'''

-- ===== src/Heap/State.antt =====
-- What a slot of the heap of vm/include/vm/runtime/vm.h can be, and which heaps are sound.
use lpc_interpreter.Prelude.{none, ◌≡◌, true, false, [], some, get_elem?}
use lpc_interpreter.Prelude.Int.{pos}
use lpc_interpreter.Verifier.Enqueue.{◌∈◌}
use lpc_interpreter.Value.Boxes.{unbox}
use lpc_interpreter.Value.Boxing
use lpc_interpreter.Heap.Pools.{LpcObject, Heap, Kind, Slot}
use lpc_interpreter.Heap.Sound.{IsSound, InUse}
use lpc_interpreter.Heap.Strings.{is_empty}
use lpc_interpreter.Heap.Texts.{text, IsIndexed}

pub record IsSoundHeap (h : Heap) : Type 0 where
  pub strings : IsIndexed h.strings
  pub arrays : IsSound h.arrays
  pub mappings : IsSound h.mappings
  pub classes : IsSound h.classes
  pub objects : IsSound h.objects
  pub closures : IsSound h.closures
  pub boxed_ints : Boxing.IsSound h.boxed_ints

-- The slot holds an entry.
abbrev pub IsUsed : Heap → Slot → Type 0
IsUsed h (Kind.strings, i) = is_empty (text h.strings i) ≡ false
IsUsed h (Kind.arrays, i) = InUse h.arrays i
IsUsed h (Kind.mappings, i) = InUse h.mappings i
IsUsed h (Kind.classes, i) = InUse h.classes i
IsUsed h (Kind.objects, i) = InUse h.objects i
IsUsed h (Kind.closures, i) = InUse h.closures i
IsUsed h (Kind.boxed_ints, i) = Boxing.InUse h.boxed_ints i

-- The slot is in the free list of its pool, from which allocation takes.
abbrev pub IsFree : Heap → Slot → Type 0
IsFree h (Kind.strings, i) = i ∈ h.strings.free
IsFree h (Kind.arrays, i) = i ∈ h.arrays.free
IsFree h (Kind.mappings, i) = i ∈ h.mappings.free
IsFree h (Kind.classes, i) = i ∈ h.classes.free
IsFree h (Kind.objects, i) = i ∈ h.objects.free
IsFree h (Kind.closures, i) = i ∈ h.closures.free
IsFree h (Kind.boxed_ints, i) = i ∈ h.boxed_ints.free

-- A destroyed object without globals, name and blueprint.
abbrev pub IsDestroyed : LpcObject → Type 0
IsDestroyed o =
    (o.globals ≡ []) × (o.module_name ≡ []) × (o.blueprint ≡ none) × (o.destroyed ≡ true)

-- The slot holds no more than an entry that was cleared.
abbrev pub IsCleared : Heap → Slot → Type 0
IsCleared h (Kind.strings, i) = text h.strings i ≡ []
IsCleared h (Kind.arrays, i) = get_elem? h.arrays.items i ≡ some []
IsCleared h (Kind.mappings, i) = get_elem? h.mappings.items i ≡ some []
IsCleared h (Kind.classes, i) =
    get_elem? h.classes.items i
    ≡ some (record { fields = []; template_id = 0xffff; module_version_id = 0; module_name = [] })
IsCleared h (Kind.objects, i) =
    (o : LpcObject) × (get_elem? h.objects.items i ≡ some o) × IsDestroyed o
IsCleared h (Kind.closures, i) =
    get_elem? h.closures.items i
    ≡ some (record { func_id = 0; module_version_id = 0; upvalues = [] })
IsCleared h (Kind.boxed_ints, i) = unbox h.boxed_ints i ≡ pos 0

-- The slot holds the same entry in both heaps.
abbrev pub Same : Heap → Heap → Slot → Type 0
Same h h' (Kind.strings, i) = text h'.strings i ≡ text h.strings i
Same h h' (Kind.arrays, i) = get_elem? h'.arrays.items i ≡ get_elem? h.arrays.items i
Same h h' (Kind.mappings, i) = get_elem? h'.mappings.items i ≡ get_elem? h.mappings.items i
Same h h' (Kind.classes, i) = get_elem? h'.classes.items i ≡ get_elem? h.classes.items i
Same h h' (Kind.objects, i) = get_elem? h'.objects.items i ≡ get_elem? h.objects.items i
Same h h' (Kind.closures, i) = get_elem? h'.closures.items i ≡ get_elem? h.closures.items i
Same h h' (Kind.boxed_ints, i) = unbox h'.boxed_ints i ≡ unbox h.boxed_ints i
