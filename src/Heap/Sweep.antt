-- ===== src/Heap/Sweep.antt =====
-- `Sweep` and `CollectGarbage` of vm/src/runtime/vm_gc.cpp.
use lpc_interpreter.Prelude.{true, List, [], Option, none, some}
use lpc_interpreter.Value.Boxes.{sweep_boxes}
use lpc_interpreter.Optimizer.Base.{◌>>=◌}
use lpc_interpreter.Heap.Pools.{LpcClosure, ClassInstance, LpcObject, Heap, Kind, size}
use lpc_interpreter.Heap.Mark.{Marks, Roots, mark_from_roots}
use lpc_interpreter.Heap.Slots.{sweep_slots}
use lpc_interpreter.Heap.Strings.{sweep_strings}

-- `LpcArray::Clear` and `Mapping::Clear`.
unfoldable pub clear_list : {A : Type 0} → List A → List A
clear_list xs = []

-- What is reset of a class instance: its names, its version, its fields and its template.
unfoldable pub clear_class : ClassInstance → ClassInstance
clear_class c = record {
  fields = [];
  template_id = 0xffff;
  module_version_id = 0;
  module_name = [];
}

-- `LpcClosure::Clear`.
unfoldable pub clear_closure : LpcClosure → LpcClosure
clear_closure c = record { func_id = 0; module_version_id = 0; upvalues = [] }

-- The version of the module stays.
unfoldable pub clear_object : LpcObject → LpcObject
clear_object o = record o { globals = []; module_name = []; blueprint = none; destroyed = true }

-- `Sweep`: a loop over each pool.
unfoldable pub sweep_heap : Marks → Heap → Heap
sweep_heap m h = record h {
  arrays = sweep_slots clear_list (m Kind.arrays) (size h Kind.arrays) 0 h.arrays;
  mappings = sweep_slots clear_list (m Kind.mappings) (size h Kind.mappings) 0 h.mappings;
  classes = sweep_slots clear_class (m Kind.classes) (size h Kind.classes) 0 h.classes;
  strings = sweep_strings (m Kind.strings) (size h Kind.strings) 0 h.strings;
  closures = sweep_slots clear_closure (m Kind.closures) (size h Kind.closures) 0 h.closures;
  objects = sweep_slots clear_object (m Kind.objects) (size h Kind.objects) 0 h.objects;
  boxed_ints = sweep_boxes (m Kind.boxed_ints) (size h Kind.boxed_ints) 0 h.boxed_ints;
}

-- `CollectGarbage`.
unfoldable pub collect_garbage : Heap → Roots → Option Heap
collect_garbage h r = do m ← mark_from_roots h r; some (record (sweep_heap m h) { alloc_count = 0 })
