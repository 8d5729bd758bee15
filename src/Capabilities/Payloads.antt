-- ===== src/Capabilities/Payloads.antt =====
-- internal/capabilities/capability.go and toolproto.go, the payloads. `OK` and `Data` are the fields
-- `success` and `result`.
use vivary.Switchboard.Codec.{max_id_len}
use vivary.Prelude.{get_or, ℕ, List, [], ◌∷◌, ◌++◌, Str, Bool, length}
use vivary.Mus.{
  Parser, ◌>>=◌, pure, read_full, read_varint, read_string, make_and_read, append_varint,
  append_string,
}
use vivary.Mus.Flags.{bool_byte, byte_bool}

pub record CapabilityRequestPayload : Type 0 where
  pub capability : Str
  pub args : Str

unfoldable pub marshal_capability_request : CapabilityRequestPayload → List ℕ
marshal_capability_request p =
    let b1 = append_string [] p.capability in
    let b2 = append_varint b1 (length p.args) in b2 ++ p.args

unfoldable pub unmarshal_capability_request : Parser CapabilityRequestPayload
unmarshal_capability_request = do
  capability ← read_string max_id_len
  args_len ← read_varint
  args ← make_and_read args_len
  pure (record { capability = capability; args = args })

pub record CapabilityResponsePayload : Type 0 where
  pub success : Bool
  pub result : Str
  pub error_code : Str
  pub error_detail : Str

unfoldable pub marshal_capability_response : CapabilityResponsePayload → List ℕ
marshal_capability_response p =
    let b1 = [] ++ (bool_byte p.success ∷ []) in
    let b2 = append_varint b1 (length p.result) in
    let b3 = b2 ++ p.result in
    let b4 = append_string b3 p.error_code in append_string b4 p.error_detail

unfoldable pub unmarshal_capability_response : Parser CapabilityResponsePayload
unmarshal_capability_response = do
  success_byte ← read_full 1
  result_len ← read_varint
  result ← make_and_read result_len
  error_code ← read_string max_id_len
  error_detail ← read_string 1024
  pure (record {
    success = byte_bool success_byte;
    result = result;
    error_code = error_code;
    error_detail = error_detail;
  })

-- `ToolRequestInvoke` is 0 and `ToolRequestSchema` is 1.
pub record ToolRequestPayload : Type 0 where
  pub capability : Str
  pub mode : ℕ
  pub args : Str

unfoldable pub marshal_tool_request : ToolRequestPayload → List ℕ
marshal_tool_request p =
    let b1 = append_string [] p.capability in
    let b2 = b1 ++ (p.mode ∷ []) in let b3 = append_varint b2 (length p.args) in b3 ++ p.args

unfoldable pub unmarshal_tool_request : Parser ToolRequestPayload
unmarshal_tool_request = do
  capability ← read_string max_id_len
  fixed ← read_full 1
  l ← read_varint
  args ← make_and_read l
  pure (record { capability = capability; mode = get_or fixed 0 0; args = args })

'''

Check each line of the records above for the string "mappings", and report every line that has it.

# Answer to this task:
  pub mappings : IsSound h.mappings
IsUsed h (Kind.mappings, i) = InUse h.mappings i
IsFree h (Kind.mappings, i) = i ∈ h.mappings.free
IsCleared h (Kind.mappings, i) = get_elem? h.mappings.items i ≡ some []
Same h h' (Kind.mappings, i) = get_elem? h'.mappings.items i ≡ get_elem? h.mappings.items i
  mappings = sweep_slots clear_list (m Kind.mappings) (size h Kind.mappings) 0 h.mappings;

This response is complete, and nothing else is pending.